The pandemic has has a huge effect on societies throughout the world and will continue to do so for quite some time. Eventually there will be less infection, perhaps even the beginning of a vaccine roll out later this year – at least in developed countries ….. For outdoors professionals, those who rely on training, coaching and guiding for a living times are tough. Some will leave the sector, others will have to change their ‘work balance’; is the sector a serious option in this unpredictable world? The pessimist in me fears the worst; the continuing restrictions on movement, contact and activity, a reluctant public to engage with instructors in the outdoors and the effect the forthcoming recession will have on the nation and its population. The optimist in me gives thanks for my family and my health. The optimist in me has faith in the great British public and their love of our fantastic wild spaces, lochs, crags and mountains. The optimist in me has faith in the knowledge that Great Britain has faced many challenges in its history and it can and is facing the current one. It’s easy to be negative, but far nicer and more healthy to be optimistic and look forward to better times. The optimist in me is looking forward to working with fantastic and inspiring clients in the hills sharing my knowledge and passion.

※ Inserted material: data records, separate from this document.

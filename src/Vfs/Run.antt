-- ===== src/Vfs/Run.antt =====
-- Sequences of opens, reads and closes after boot, and the invariant of the descriptor table. Each
-- call comes with the memory that it finds, so user code may write anything in between.
use ref_arm_os.Base.{
  Bool-cases, length, ℤ, is_neg, to_ℕ, to_u32, ℕ, ◌≤◌, ◌<◌, ◌≡◌, refl, ap, ◌∙◌, inl, inr, true,
  false, some, List, [], ◌∷◌, arith,
}
use ref_arm_os.Memory.{Memory, Reader, strcmp}
use ref_arm_os.FsOps.{FsOps, FsLaws}
use ref_arm_os.Ramfs.{File, ramfs_ops}
use ref_arm_os.Ramfs.Laws.{IsTable, start_of, size_of, ramfs_ops-FsLaws}
use ref_arm_os.Vfs.{
  Fd, Vfs, max_fds, free_fd, vfs_init, mount, root, find_fs, filename, vfs_open, bad_fd, vfs_read,
  vfs_close,
}
use ref_arm_os.Vfs.Valid.{IsValid, set_fd, set_fd-IsValid, good_fd, vfs_init-IsValid}
use ref_arm_os.Vfs.Open.{
  Alloc, Opened, given, full, bad_flags, no_fs, not_found, found, vfs_open-Opened,
}
use ref_arm_os.Vfs.Stream.{HasRead, vfs_read-HasRead}

pub data Call : Type 0 where
  opens : Memory → ℕ → ℤ → Call
  reads : Memory → ℤ → ℕ → ℕ → Call
  closes : ℤ → Call

unfoldable pub step : Vfs → Call → Vfs
step v (opens m path flags) = (vfs_open v m path flags).1
step v (reads m fd buf len) = (vfs_read v m fd buf len).1
step v (closes fd) = (vfs_close v fd).1

unfoldable pub run : Vfs → List Call → Vfs
run v [] = v
run v (c ∷ cs) = run (step v c) cs

-- The state after `vfs_init` and `vfs_mount("/", ops)`.
unfoldable pub booted : FsOps → Vfs
booted ops = (mount vfs_init root ops).1

pub find_fs-booted : (ops : FsOps) → find_fs (booted ops).mounts ≡ some ops
unfolding booted mount vfs_init find_fs strcmp
find_fs-booted ops = refl

module _ (ops : FsOps) (count : ℕ) (start size : ℕ → ℕ) (laws : FsLaws ops count start size) where
  -- The invariant, with the file system still mounted at the root.
  pub record Good (v : Vfs) : Type 0 where
    pub valid : IsValid count size v
    pub mounted : find_fs v.mounts ≡ some ops

  set_fd-Good :
      (v : Vfs) (n : ℕ) (d : Fd)
      → Good v
      → 3 ≤ n
      → n < max_fds
      → (d.in_use ≡ true → d.file_index < count)
      → (d.in_use ≡ true → d.offset ≤ size d.file_index)
      → Good (set_fd v n d)
  set_fd-Good v n d g lo hi fits within = record {
    valid = set_fd-IsValid v n d g.valid lo hi fits within;
    mounted = g.mounted;
  }

  Alloc-Good : (v : Vfs) (i : ℕ) {r : ℤ × Vfs} → Good v → i < count → Alloc v i r → Good r.1
  Alloc-Good v i g h (given n low) =
      set_fd-Good v n _ g low.above (let e = g.valid.length_fds in let b = low.below in omega arith)
        (λ _. h) (λ _. omega arith)
  Alloc-Good v i g h (full all) = g

  lookup-small :
      (name : Reader) → is_neg (ops.lookup name) ≡ false → to_u32 (ops.lookup name) < count
  lookup-small name h = ground (arith, laws.lookup_range name h, laws.count_small)

  Opened-Good :
      (v : Vfs) (name : Reader) (flags : ℤ) {r : ℤ × Vfs}
      → Good v
      → Opened v name flags r
      → Good r.1
  Opened-Good v name flags g (bad_flags ne) = g
  Opened-Good v name flags g (no_fs e) = g
  Opened-Good v name flags g (not_found ops' e neg) = g
  Opened-Good v name flags g (found ops' e ok a) =
      let same : ops' ≡ ops = (let g' = g.mounted in cc) in
      Alloc-Good v _ g (rw same (lookup-small name (rw same at ok))) a

  vfs_read-Good :
      (v : Vfs) (m : Memory) (fd : ℤ) (buf len : ℕ) → Good v → Good (vfs_read v m fd buf len).1
  unfolding vfs_read
  vfs_read-Good v m fd buf len g = elim (Bool-cases (bad_fd v fd)) [
    | inl b ↦ rw b g
    | inr ok ↦ keep (vfs_read-HasRead ops count start size laws v m fd buf len g.valid g.mounted ok)
  ]
    where
      keep :
          HasRead ops count start size laws v m (to_ℕ fd) buf len (vfs_read v m fd buf len)
          → Good (vfs_read v m fd buf len).1
      keep r = record { valid = r.valid; mounted = ap find_fs r.mounts ∙ g.mounted }

  vfs_close-Good : (v : Vfs) (fd : ℤ) → Good v → Good (vfs_close v fd).1
  unfolding vfs_close
  vfs_close-Good v fd g = elim (Bool-cases (bad_fd v fd)) [
    | inl b ↦ rw b g
    | inr ok ↦ rw ok (
        let (_, lo, hi, u) = good_fd v fd g.valid ok in
        set_fd-Good v (to_ℕ fd) free_fd g lo hi (λ e. cc) (λ e. cc))
  ]

  pub step-Good : (v : Vfs) (c : Call) → Good v → Good (step v c)
  unfolding step
  step-Good v (opens m path flags) g =
      Opened-Good v (filename m path) flags g (vfs_open-Opened v m path flags)
  step-Good v (reads m fd buf len) g = vfs_read-Good v m fd buf len g
  step-Good v (closes fd) g = vfs_close-Good v fd g

  pub run-Good : (cs : List Call) (v : Vfs) → Good v → Good (run v cs)
  unfolding run
  run-Good [] v g = g
  run-Good (c ∷ cs) v g = run-Good cs (step v c) (step-Good v c g)

  pub booted-Good : Good (booted ops)
  unfolding booted mount vfs_init
  booted-Good = record {
    valid = record {
      length_fds = w.length_fds;
      reserved = w.reserved;
      names_file = w.names_file;
      in_file = w.in_file;
    };
    mounted = find_fs-booted ops;
  }
    where
      w : IsValid count size vfs_init
      w = vfs_init-IsValid

-- After boot over a RAM file system table that the build promises, every sequence of opens, reads
-- and closes leaves 16 descriptors, keeps 0 to 2 closed, and keeps every open descriptor within a
-- file of the table; the RAM file system stays mounted at the root.
pub run-booted-Good :
    (fs : List File) (cs : List Call)
    → IsTable fs
    → IsValid (length fs) (size_of fs) (run (booted (ramfs_ops fs)) cs)
      × (find_fs (run (booted (ramfs_ops fs)) cs).mounts ≡ some (ramfs_ops fs))
run-booted-Good fs cs t =
    let laws = ramfs_ops-FsLaws fs t in
    let g =
      run-Good (ramfs_ops fs) (length fs) (start_of fs) (size_of fs) laws cs _
        (booted-Good (ramfs_ops fs) (length fs) (start_of fs) (size_of fs) laws) in
    (g.valid, g.mounted)
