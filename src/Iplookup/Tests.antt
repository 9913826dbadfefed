-- ===== src/Iplookup/Tests.antt =====
-- Witnesses of the properties of iplookup/, on one helper.
use traefik_middleware_utili.Iplookup.Helper.Hosts.{add_entry_finds, host_block}
use traefik_middleware_utili.Iplookup.Helper.{Net, add_entry, host_cidr}
use traefik_middleware_utili.Prelude.{
  Bytes, [], codes, none, refl, some, true, false, ◌∷◌, ◌≡◌, arith, inl, ◌⊎◌, if◌then◌else◌,
  same_text,
}
use traefik_middleware_utili.Prelude.Result.{err, ok}
use traefik_middleware_utili.Iplookup.Address.{Block, bit_at, family_walk, prefix_walk, to4}
use traefik_middleware_utili.Iplookup.Address.Blocks.{IsBlock, of_ipv4, ip_bits}
use traefik_middleware_utili.Iplookup.Tree.{
  Found, nil, node, empty_node, not_found, contains, insert, remove, contains_at, insert_at,
  remove_at,
}
use traefik_middleware_utili.Iplookup.Tree.Longest.{IsLongest, NoneStored}
use traefik_middleware_utili.Iplookup.Helper.{
  Helper, new_helper, add_block, remove_block, contains_ip, index_panic,
}
use traefik_middleware_utili.Iplookup.Helper.Sound.{IsSound, add_block-IsSound}
use traefik_middleware_utili.Iplookup.Helper.Stored.{contains_empty_panics, contains-IsLongest}

-- 128.0.0.0/1.
abbrev upper_half : Block
upper_half = record { ip = 128 ∷ 0 ∷ 0 ∷ 0 ∷ []; ones = 1; bits = 32 }

upper_half-IsBlock : IsBlock upper_half
upper_half-IsBlock = of_ipv4 refl refl (omega arith)

abbrev one_block : Helper
one_block = record {
  ipv4_tree = node false 0 [] nil (node true 1 (codes "upper") nil nil);
  ipv6_tree = empty_node;
  count = 1;
}

add_one_block : add_block upper_half (codes "upper") new_helper ≡ ok one_block
unfolding add_block insert insert_at bit_at family_walk prefix_walk to4 new_helper
add_one_block = refl

remove_one_block : remove_block upper_half one_block ≡ ok (new_helper, true)
unfolding remove_block remove remove_at bit_at family_walk prefix_walk to4 new_helper
remove_one_block = refl

find_in_one_block :
    contains_ip (some (200 ∷ 1 ∷ 2 ∷ 3 ∷ [])) one_block
    ≡ ok (record { found = true; prefix_len = 1; metadata = codes "upper" })
unfolding contains_ip contains contains_at bit_at family_walk to4
find_in_one_block = refl

one_block-IsSound : IsSound one_block
one_block-IsSound = record {
  v4_root = record {
    is_node = tt;
    depths = (λ q. cc, tt, ((λ q. refl), tt, tt));
    pruned = (tt, (refl, tt, tt));
  };
  v6_root = record { is_node = tt; depths = (λ q. cc, tt, tt); pruned = (tt, tt) };
  counted = refl;
}

add_block-IsSound_example : (h' : Helper) × (add_block upper_half [] one_block ≡ ok h') × IsSound h'
add_block-IsSound_example =
    add_block-IsSound upper_half [] one_block upper_half-IsBlock one_block-IsSound

abbrev inside : Bytes
inside = 200 ∷ 1 ∷ 2 ∷ 3 ∷ []

contains-IsLongest_example :
    (f : Found) × (contains_ip (some inside) one_block ≡ ok f)
    × (((f ≡ not_found) × NoneStored (ip_bits inside) one_block.ipv4_tree)
        ⊎ IsLongest 0 (ip_bits inside) one_block.ipv4_tree f)
unfolding to4
contains-IsLongest_example = contains-IsLongest inside one_block (inl refl) one_block-IsSound

contains_empty_panics_example : contains_ip (some []) one_block ≡ err index_panic
contains_empty_panics_example = contains_empty_panics one_block one_block-IsSound

-- A network library that knows one address.
abbrev one_address_net : Net
one_address_net = record {
  parse_cidr = λ s.
      if same_text s (codes "200.1.2.3/32")
      then some (record { ip = inside; ones = 32; bits = 32 })
      else none;
  parse_ip = λ s. if same_text s (codes "200.1.2.3") then some inside else none;
  ip_string = λ ip. codes "200.1.2.3";
  trim_space = λ s. s;
}

add_entry_finds_example :
    (h' : Helper) × (f : Found) × (add_entry one_address_net
        (codes "200.1.2.3")
        (codes "host")
        one_block
      ≡ ok h')
    × (contains_ip (some inside) h' ≡ ok f)
    × (f.found ≡ true)
    × (f.prefix_len ≡ 32)
    × (f.metadata ≡ codes "host")
unfolding same_text host_cidr host_block to4 family_walk
add_entry_finds_example =
    add_entry_finds one_address_net (codes "200.1.2.3") inside (codes "host") one_block refl refl
      (inl refl) refl one_block-IsSound
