-- ===== src/Prelude/Decimal.antt =====
-- Decimal text: strconv's Itoa, FormatInt and ParseInt in base 10.
pub mod Laws
use traefik_middleware_utili.Prelude.{
  ℕ, zero, suc, ◌+◌, ◌-◌, ◌*◌, ◌/◌, ◌%◌, Bool, ◌&&◌, [], ◌∷◌, Option, none, some, ltb, leb,
  if◌then◌else◌, Bytes,
}
use traefik_middleware_utili.Prelude.Int.{ℤ, pos, negsuc}

-- The digits of `n` in front of `out`; `f` bounds the number of digits.
unfoldable pub emit : ℕ → ℕ → Bytes → Bytes
emit zero n out = out
emit (suc f) n out =
    let rest = emit f (n / 10) ((b'0' + n % 10) ∷ out) in
    if ltb n 10 then (b'0' + n) ∷ out else rest

-- A number has fewer digits than its value plus one.
unfoldable pub itoa : ℕ → Bytes
unfolding emit
itoa n = emit (n + 1) n []

unfoldable pub format_int : ℤ → Bytes
unfolding itoa
format_int (pos n) = itoa n
format_int (negsuc n) = b'-' ∷ itoa (n + 1)

abbrev pub is_digit : ℕ → Bool
is_digit c = leb b'0' c && leb c b'9'

-- The value of a run of digits after `acc`.
unfoldable pub digits_value : ℕ → Bytes → Option ℕ
digits_value acc [] = some acc
digits_value acc (c ∷ cs) =
    let rest = digits_value (acc * 10 + (c - b'0')) cs in if is_digit c then rest else none
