-- ===== src/Prelude/Decimal/Laws.antt =====
-- What `itoa` writes: digits, not too many, that read back as the number.
use native.Mathlib.Nat.{pow-suc}
use native.Mathlib.Numerals.{add-one}
use traefik_middleware_utili.Prelude.{
  ℕ, zero, suc, ◌+◌, ◌*◌, ◌/◌, ◌%◌, ◌^◌, ◌≤◌, ◌<◌, true, [], ◌∷◌, inl, inr, some, ◌≡◌, arith, ltb,
  Bool-cases, length, Bytes,
}
use traefik_middleware_utili.Prelude.Decimal.{emit, itoa, is_digit, digits_value}

abbrev pub IsDigits : Bytes → Type 0
IsDigits [] = Unit {0}
IsDigits (c ∷ cs) = (is_digit c ≡ true) × IsDigits cs

emit-IsDigits : (f n : ℕ) (out : Bytes) → IsDigits out → IsDigits (emit f n out)
unfolding emit
emit-IsDigits zero n out h = h
emit-IsDigits (suc f) n out h = elim (Bool-cases (ltb n 10)) [
  | inl small ↦ rw small (ground arith, h)
  | inr big ↦ rw big (emit-IsDigits f (n / 10) ((b'0' + n % 10) ∷ out) (ground arith, h))
]

pub itoa-IsDigits : (n : ℕ) → IsDigits (itoa n)
unfolding itoa
itoa-IsDigits n = emit-IsDigits (n + 1) n [] tt

length-emit-pos : (f n : ℕ) (out : Bytes) → length out < length (emit (suc f) n out)
unfolding emit
length-emit-pos zero n out = ground arith
length-emit-pos (suc f) n out = ground (arith, length-emit-pos f (n / 10) ((b'0' + n % 10) ∷ out))

pub length-itoa-pos : (n : ℕ) → 0 < length (itoa n)
unfolding itoa
length-itoa-pos n = rw add-one (length-emit-pos n n [])

length-emit-le :
    (d f n : ℕ) (out : Bytes) → n < 10 ^ d → 0 < d → length (emit f n out) ≤ length out + d
unfolding emit
length-emit-le zero f n out h p = absurd (omega arith)
length-emit-le (suc d) zero n out h p = omega arith
length-emit-le (suc zero) (suc f) n out h p = ground arith
length-emit-le (suc (suc d)) (suc f) n out h p =
    let h' : n < 10 ^ suc d * 10 = rw pow-suc at h in
    let next : Bytes = (b'0' + n % 10) ∷ out in
    ground (arith, length-emit-le (suc d) f (n / 10) next (omega arith) (omega arith))

-- A number below a power of ten has at most as many digits.
pub length-itoa-le : (d n : ℕ) → n < 10 ^ d → 0 < d → length (itoa n) ≤ d
unfolding itoa
length-itoa-le d n h p = omega (arith, length-emit-le d (n + 1) n [] h p)

digits_value-emit :
    (f n : ℕ) (out : Bytes) → n < f → digits_value 0 (emit f n out) ≡ digits_value n out
unfolding emit digits_value
digits_value-emit zero n out h = absurd (omega arith)
digits_value-emit (suc f) n out h =
    ground (arith, digits_value-emit f (n / 10) ((b'0' + n % 10) ∷ out))

pub digits_value-itoa : (n : ℕ) → digits_value 0 (itoa n) ≡ some n
unfolding itoa digits_value
digits_value-itoa n = digits_value-emit (n + 1) n [] (omega arith)
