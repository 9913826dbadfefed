-- ===== src/Reclaim.antt =====
-- reclaim: one value per key, driven through create, sleep, wake and close by the holders that come
-- and go, and the public names under which a value is published to watchers.
pub mod Values
pub mod Aliases
pub mod Table
pub mod Open
pub mod System
mod Tests
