-- ===== src/Reclaim/Values.antt =====
-- reclaim/alias.go: the values that a watcher is told, `isNilValue` and `sameValue`.
use traefik_middleware_utili.Prelude.{
  ℕ, Bool, Bytes, List, false, if◌then◌else◌, same_text, true, ◌&&◌, ◌==◌, ◌||◌, ◌∷◌, [],
}

-- Go's `any`: nothing, a pointer with its type and its address, where the address 0 is nil, or
-- another value with its type and what `==` compares. A type and an address are numbers. Values of a
-- type that Go cannot compare, on which `==` panics, are left out.
pub data Any : Type 0 where
  nil : Any
  pointer : ℕ → ℕ → Any
  plain : ℕ → Bytes → Any

unfoldable pub is_nil_value : Any → Bool
is_nil_value nil = true
is_nil_value (pointer t a) = a == 0
is_nil_value (plain t b) = false

-- `sameValue` on two values that are not nil.
unfoldable pub same_shown : Any → Any → Bool
same_shown nil nil = true
same_shown nil (pointer u b) = false
same_shown nil (plain u b) = false
same_shown (pointer t a) nil = false
same_shown (pointer t a) (pointer u b) = a == b
same_shown (pointer t a) (plain u b) = false
same_shown (plain t a) nil = false
same_shown (plain t a) (pointer u b) = false
same_shown (plain t a) (plain u b) = t == u && same_text a b

unfoldable pub same_value : Any → Any → Bool
same_value left right =
    if is_nil_value left && is_nil_value right
    then true
    else if is_nil_value left || is_nil_value right
    then false
    else same_shown left right

-- A function with one value changed.
unfoldable pub put_at {ℓ} : {A : Type ℓ} → ℕ → A → (ℕ → A) → ℕ → A
put_at i a f j = if i == j then a else f j

unfoldable pub member : ℕ → List ℕ → Bool
member e [] = false
member e (k ∷ ks) = e == k || member e ks

-- Without an element, wherever it stands.
unfoldable pub all_but : ℕ → List ℕ → List ℕ
all_but e [] = []
all_but e (k ∷ ks) = if e == k then all_but e ks else k ∷ all_but e ks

This swan yesterday became separated from three signets by a boom. I am sure that eventually ……… they will be reunited. The solution is out of my hands and worrying for them benefits no one. Go be positive and have an awesome day 🙂
So, we are still here, in lockdownland. At least we are still in Scotland (Wales and NI). For now many of us must continue to stay at home, exercise as you can whilst social distancing and keeping the faith. This will end and restrictions will gradually be lifted. We will feel the effects of this though for many months, potentially years. This is a marathon not a sprint. Keep positive.
Feeling rather impotent! Like many I have volunteered, but at present not needed other than by my lovely neighbour to do her shopping for groceries and the essential extra dry Martini and a box of tonic! In the military when there was a conflict or those in need we all wanted to be involved since that is what we trained for. For now it is a waiting game; it’s all about being sensible, responsible and being patient. I’m still feeling impotent though ………………… Best wishes to you all out there.
The early winter came as normal followed by the mother of all thaws leaving us with little white by New Year. The winter eventually returned in late January; after i had enjoyed a bit of luxury sliding in France.
February was mad stormy. Physically and mentally challenging at times with some notable and memorable experiences along with some lovely people.
In March we were at last blessed with some good weather and conditions, but as the month progressed we could all see what was coming so a final flurry of winter activity saw me returning home to clean and hang up my gear and proceed to read, train and prep for life after CV19. Fond memories of a short but rich winter!
So it’s been a bit of a mixed start to the winter, but if you know where to go there is still safe and enjoyable mountaineering to be done. I seem to have used my head torch rather a lot so far this winter; not sure if that is late starts, but certainly had a few finishes after dark. Lots of early snow allowed some great skiing, but most of this left, which is often the way. Some of the climbing has been in deep snow, some in rain and some in ‘thin’ conditions. It’s windy right now, but looking like winter again. 🙂
We often get a good stint of winter conditions before Christmas. Some of my best ski touring trips have been in November! This winter it has come and then gone …….. but has returned again and is looking set to see us into the festive period. Had a very pleasant day in Glencoe on Friday – mountain conditions are looking pretty good with plenty of icing and a good build up of snow. Glencoe Mountain Resort should be open for sliding this week.